外面的馬蹄聲漸漸接近。
淩江蓠已經顧不得許多,打開了窗戶,将凳子扔了在被雨水浸濕的土地上,将打開的狼煙扔在了凳子上,複而馬上關好了窗戶。
外面的雨不是很大,凳子也是幹的,狼煙馬上就會升起來。
但山谷裏人就算策馬到這裏,也是需要一段時間。
吳老将軍當機立斷的翻了後面的窗戶,趁着素錦和桃粉還在房間裏不知所措的時候讓兩人翻了窗戶出來,漁村裏依舊靜悄悄的。
淩江蓠打量了一下四周,卻根本找不到落腳的地方。
吳老将軍全身貼在牆邊,往外面望了一眼。
整整一個小隊都從不遠處的山坡上俯沖下來,遠遠的就能看見他們精良的武器以及其訓練有素。
在對比漸漸升起的狼煙,以及寒狼鐵騎到來的時間,吳老将軍就皺起了眉頭,将事情告訴了淩江蓠,淩江蓠還記得之前虞寒卿離開的時候讓人聽命于她,但如今,除了在這邊死守之外似乎并沒有任何的辦法。
後院前往山谷的地方是開闊的麥田,一旦過去必然成爲靶子。
而前面的那群人已經沖了過來,馬上就會殺過來!
淩江蓠手腳并用的爬回了自己的房間,雖然她已經很長時間都沒有制毒,但是以前做過的毒依舊還放在屋子的角落裏,将這些毒藥和其他的藥都拿了出來。
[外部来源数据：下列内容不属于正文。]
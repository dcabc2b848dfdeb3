-- ===== src/Tests/Commands.antt =====
-- Runs of the commands, the routes and the set-up of the server.
use secretstash.Base.{
  ◌≡◌, ◌⊎◌, refl, List, [], ◌∷◌, ◌++◌, none, true, false, Bytes, length, replicate, lookup,
  ℕ_discrete, Distinct, bytes_dec,
}
use secretstash.Base.Int.{pos}
use secretstash.Base.Result.{Result, ok, err}
use secretstash.Base.Text.{ascii}
use secretstash.Shamir.Share.{Failure, split}
use secretstash.Store as store
use secretstash.Api.{Api}
use secretstash.Api as api
use secretstash.Api.RateLimit.{new_rate_limiter}
use secretstash.Api.Remote.{NoComma, remote_ip, remote_ip-append}
use secretstash.Api.Http.{Moment, Request, serve}
use secretstash.Api.Http.Admit.{Limited, serve-Limited}
use secretstash.Cli.{call}
use secretstash.Cli.Commands.{unwrap_with_token}
use secretstash.Cli.Delivery.{unwrap_request}
use secretstash.Cli.Exit.{Tells, unwrap_with_token-Tells}
use secretstash.Server as daemon
use secretstash.Tls.{Certs}
use secretstash.Server.{Running, start, is_loopback, listen_addr}
use secretstash.Server.Guard.{IsSecure, start-IsSecure}
use secretstash.Tests.Samples.{codec, rand}
use secretstash.Tests.Secrets.{memory, raw, token}
use secretstash.Tests.Handlers.{server}
use secretstash.Tests.Wire.{setup, lib, flags, net, caller_addr, network}

abbrev moment : Moment
moment = record { now = 5; later = 5; call = 9 }

abbrev shares_of : Result Failure (List Bytes) → List Bytes
shares_of (ok shares) = shares
shares_of (err e) = []

-- The shares of the token that the server gave out.
abbrev shares : List Bytes
shares = shares_of (split codec rand raw 3 2)

unwrap_with_token-Tells_example :
    Tells
      (call lib (network moment) flags (ascii "POST") (ascii "/v1/unwrap") (7 ∷ []) none server)
      (unwrap_with_token lib (network moment) flags (7 ∷ []) server).code
unwrap_with_token-Tells_example = unwrap_with_token-Tells lib (network moment) flags (7 ∷ []) server

-- A hop that the proxy appends to what a client wrote.
hop-NoComma : NoComma (b'1' ∷ b'.' ∷ [])
hop-NoComma = (λ p. cc, (λ p. cc, tt))

remote_ip-append_example :
    remote_ip net (b'h' ∷ []) (λ n. (b'x' ∷ 44 ∷ b'y' ∷ []) ++ 44 ∷ b'1' ∷ b'.' ∷ []) (9 ∷ [])
    ≡ remote_ip net (b'h' ∷ []) (λ n. b'1' ∷ b'.' ∷ []) (9 ∷ [])
remote_ip-append_example =
    remote_ip-append net (b'h' ∷ []) (b'x' ∷ 44 ∷ b'y' ∷ []) b'1' (b'.' ∷ []) (9 ∷ []) hop-NoComma

-- A limiter with no tokens.
abbrev drained : Api
drained = record server { limiter = new_rate_limiter 100000000 0 }

abbrev unwrap_again : Request
unwrap_again = unwrap_request setup lib (network moment) flags caller_addr moment token

drained-Distinct :
    Distinct bytes_dec drained.limiter.buckets × Distinct bytes_dec drained.fail_lim.buckets
unfolding new_rate_limiter api.new store.new lookup
drained-Distinct = (tt, tt)

serve-Limited_example :
    Limited setup moment unwrap_again drained (serve setup moment unwrap_again drained)
serve-Limited_example =
    serve-Limited setup moment unwrap_again drained drained-Distinct.0 drained-Distinct.1

abbrev pub certs : Certs
certs = record {
  Key = Unit;
  Cert = Bytes;
  load_key_pair = λ cert key. ok cert;
  of_der = λ der key. der;
  generate_key = ok tt;
  rand_int = λ n. ok 4;
  create_certificate = λ template key. ok (4 ∷ template.common_name);
  sha256 = λ b. replicate 32 (length b);
  hex = λ b. b;
}

abbrev pub config : daemon.Config
config = record {
  listen = ascii "localhost";
  tls_cert = [];
  tls_key = [];
  dev = true;
  dev_allow_remote = false;
  real_ip_header = [];
  no_ui = false;
  no_metrics = false;
  share_base_url = [];
  api = server.cfg;
  max_secrets = pos 2;
  max_tombstones = pos 8;
}

-- The server without TLS.
abbrev pub plain_server : Running Bytes
plain_server = daemon.running net certs config none daemon.plain_description 0 memory

pub started : start net certs (λ s. s) config 0 memory ≡ ok plain_server
unfolding start ℕ_discrete
started = refl

start-IsSecure_example :
    IsSecure net certs plain_server.tls
    ⊎ ((config.dev ≡ true)
        × ((config.dev_allow_remote ≡ true)
            ⊎ (is_loopback net (listen_addr net certs config.listen) ≡ true)))
start-IsSecure_example = start-IsSecure net certs (λ s. s) config 0 memory plain_server started
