-- ===== src/Tests/Traffic.antt =====
-- Runs of a server under requests and ticks.
use secretstash.Base.{
  ℕ, ◌≤◌, ◌≡◌, refl, List, [], ◌∷◌, none, some, Bytes, All, length, replicate, arith,
}
use secretstash.Base.Int.{pos}
use secretstash.Base.Text.{ascii}
use secretstash.Base.Result.{ok}
use secretstash.Crypto.{lookup_id, parse_token, encode_token}
use secretstash.Store.{SecretId, Entry, new, take}
use secretstash.Store.Calls.{run}
use secretstash.Api.{Api}
use secretstash.Api as api
use secretstash.Api.RoundTrip.{Live}
use secretstash.Api.Handlers.{unwrap_answer}
use secretstash.Api.Http.Calls.{calls_of}
use secretstash.Api.Http.Calls.Single.{serve-run_call}
use secretstash.Api.Http.Between.{IsServed, unwrap_answer-IsServed}
use secretstash.Api.Http.{Request, Moment, endpoints, serve}
use secretstash.Api.Http.Traffic.{Happening, requests, ticks, happens, history, happens-IsValid}
use secretstash.Api.Http.Delivered.{delivered}
use secretstash.Api.Http.Allowance.{WrapsNothing, history-PutsOther, delivered-le}
use secretstash.Tests.Samples.{codec, ciphers, rand-Fills}
use secretstash.Tests.Secrets.{memory, raw, token}
use secretstash.Tests.Wire.{setup}
use secretstash.Tests.Handlers.{server, request, wrap_answer, accepted, answered}

abbrev pub at : ℕ → Moment
at now = record { now = now; later = now; call = 8 }

abbrev pub asking : Bytes → Bytes → Request
asking method path = record {
  method = method;
  path = path;
  header = λ name. token;
  remote_addr = 9 ∷ [];
  body = [];
}

abbrev pub unwrapping : Request
unwrapping = asking (ascii "POST") (ascii "/v1/unwrap")

-- Two unwraps with a peek and a tick between, and two more.
abbrev traffic : List Happening
traffic =
    requests (at 1) unwrapping
    ∷ requests (at 2) (asking (ascii "GET") (ascii "/v1/peek"))
    ∷ ticks 3 (λ id. 3)
    ∷ requests (at 4) unwrapping
    ∷ requests (at 5) unwrapping
    ∷ requests (at 6) unwrapping
    ∷ []

parsed : parse_token codec token ≡ ok raw
unfolding parse_token encode_token secretstash.Base.ℕ_discrete
parsed = refl

no_wraps : All (WrapsNothing setup) traffic
unfolding secretstash.Base.lookup secretstash.Base.bytes_dec secretstash.Base.ℕ_discrete
no_wraps = ((λ e. cc), ((λ e. cc), (tt, ((λ e. cc), ((λ e. cc), ((λ e. cc), tt))))))

delivered-le_example : delivered setup (lookup_id codec ciphers raw) wrap_answer.0 traffic ≤ 3
delivered-le_example =
    delivered-le setup server 0 0 request (1 ∷ 2 ∷ []) (pos 86400000000000) 2 wrap_answer.0 token
      raw 86400000000000 (pos 3) none traffic rand-Fills accepted answered parsed
      (history-PutsOther setup (lookup_id codec ciphers raw) wrap_answer.0 traffic no_wraps)

abbrev wrapping : Request
wrapping = record {
  method = ascii "POST";
  path = ascii "/v1/wrap";
  header = λ name. [];
  remote_addr = 9 ∷ [];
  body = 0 ∷ 3 ∷ 0 ∷ 1 ∷ 2 ∷ [];
}

abbrev start : List Happening
start = requests (record { now = 0; later = 0; call = 0 }) wrapping ∷ []

abbrev wrapped_server : Api
wrapped_server = happens setup (api.new (new (pos 2) (pos 8) memory) server.cfg 0) start

abbrev entry : Entry
entry = record {
  sealed = record {
    lookup_id = replicate 32 224;
    ciphertext = 0;
    salt = replicate 32 8;
    nonce = replicate 12 9;
  };
  created_at = 0;
  expires_at = 86400000000000;
  reads_remaining = pos 3;
  reads_total = pos 3;
}

live :
    Live codec ciphers
      (λ d. some (pos (length d)))
      wrapped_server.secrets
      token
      raw
      (1 ∷ 2 ∷ [])
      entry
unfolding secretstash.Base.lookup secretstash.Base.insert secretstash.Base.bytes_dec
    secretstash.Base.ℕ_discrete secretstash.Api.Http.Traffic.happens
    secretstash.Api.Http.Traffic.happen serve secretstash.Api.Http.dispatch
    secretstash.Api.Http.handle secretstash.Api.Handlers.rate_limit secretstash.Api.Handlers.admit
    secretstash.Api.RateLimit.allow api.new secretstash.Api.RateLimit.new_rate_limiter
    secretstash.Api.RateLimit.peek_ok secretstash.Api.RateLimit.refill_locked
    secretstash.Api.RateLimit.refilled secretstash.Api.RateLimit.charge
    secretstash.Api.RateLimit.gc_locked secretstash.Api.Handlers.handle_wrap
    secretstash.Api.Handlers.wrap_request secretstash.Api.Handlers.issue
    secretstash.Api.Handlers.store_box secretstash.Api.Handlers.wrap_response api.read_wrap
    secretstash.Crypto.new_token secretstash.Crypto.seal secretstash.Store.put new lookup_id
    secretstash.Crypto.open_box
live = record { parsed = parsed; entry = refl; allocated = omega arith; opened = refl }

-- Between the Take and the Open of an unwrap, two more unwraps use up the reads that are left.
unwrap_answer-IsServed_example :
    IsServed setup wrapped_server.secrets raw
      (1 ∷ 2 ∷ [])
      entry
      (unwrap_answer codec ciphers setup.parse
        (happens setup
          (record wrapped_server {
            secrets = (take wrapped_server.secrets 1 1 (lookup_id codec ciphers raw)).0;
          })
          traffic)
        7
        (9 ∷ [])
        raw
        (take wrapped_server.secrets 1 1 (lookup_id codec ciphers raw)).1).1
unwrap_answer-IsServed_example =
    unwrap_answer-IsServed setup (pos 2) (pos 8) memory server.cfg 0 start traffic 1 1 7 (9 ∷ [])
      token raw (1 ∷ 2 ∷ []) entry wrapped_server refl live (omega arith)

serve-run_call_example :
    (length (calls_of setup (at 1) unwrapping server) ≤ 1)
    × ((serve setup (at 1) unwrapping server).0.secrets
        ≡ run server.secrets (calls_of setup (at 1) unwrapping server))
serve-run_call_example = serve-run_call setup (at 1) unwrapping server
“我們去後面的雞窩裏呆着。”淩江蓠靈機一動,帶着人從後面摸了過去。
幾個人高馬大的人全部都擠在雞窩裏,淩江蓠在四周都放了不少的毒藥,尤其是開門時候必須要經過和接觸的所有地方,淩江蓠都放上了東西。
小小的雞窩因爲渺渺對小雞仔的喜好而建的十分的牢固,而雞窩外面是一個涼棚,背後靠着兩堵結實的牆壁,四面都已經被死死的遮蓋住,看起來毫無縫隙。
“這些都是解藥。”淩江蓠一股腦的将解藥塞進了素錦和桃粉的懷裏。
淩江蓠又掏出了自己的迷香,仿作現代乙醚那樣沾在了自己的帕子之上,交給了素錦和桃粉,告訴他們怎麽用。
幾人都戰戰兢兢的縮在角落裏,素錦緊緊的将渺渺抱在懷裏,而淩江蓠則是給了吳老将軍一個最大的發揮空間。
屏氣凝神聽着外面漸漸靠近的腳步聲,卻沒有聽見任何人說話的聲音。
就連淩江蓠都能聽出來,過來襲擊的人肯定是受過專業訓練,要是一些雇傭過來的人或者是其他人,總是會說些什麽。
但是對方安靜的可怕。
吳老将軍也動用了全身的力氣,死死的盯着面前的門。
然而門隻是輕輕的動了動,外面就有什麽人發出嗚咽的聲音,最後隻能聽見一聲沉悶的、肉體砸在泥濘上的聲音。
“有毒!”外面有人開了口。
富有節奏的腳步聲瞬間被打亂,似乎剛才逼近的距離一下子又拉開來。
他們還真的是惜字如金。淩江蓠心裏這麽想到。
她的指腹還摩挲着手裏的白玉瓶,感覺到手裏的白玉瓶還是有些重量,還是将吳老将軍貼身的一把小刀拿了過來,将白玉瓶裏的液體就着素錦的帕子抹上去,反手握在手裏。
吳老将軍看着她。
淩江蓠指着手裏的玉瓶,做了個口型:“毒藥。”
吳老将軍将自己手裏的長刀也遞了過去,淩江蓠還以爲老将軍并不屑于這種辦法,略有驚愕之後還是将毒藥均勻的抹在了其刀刃上。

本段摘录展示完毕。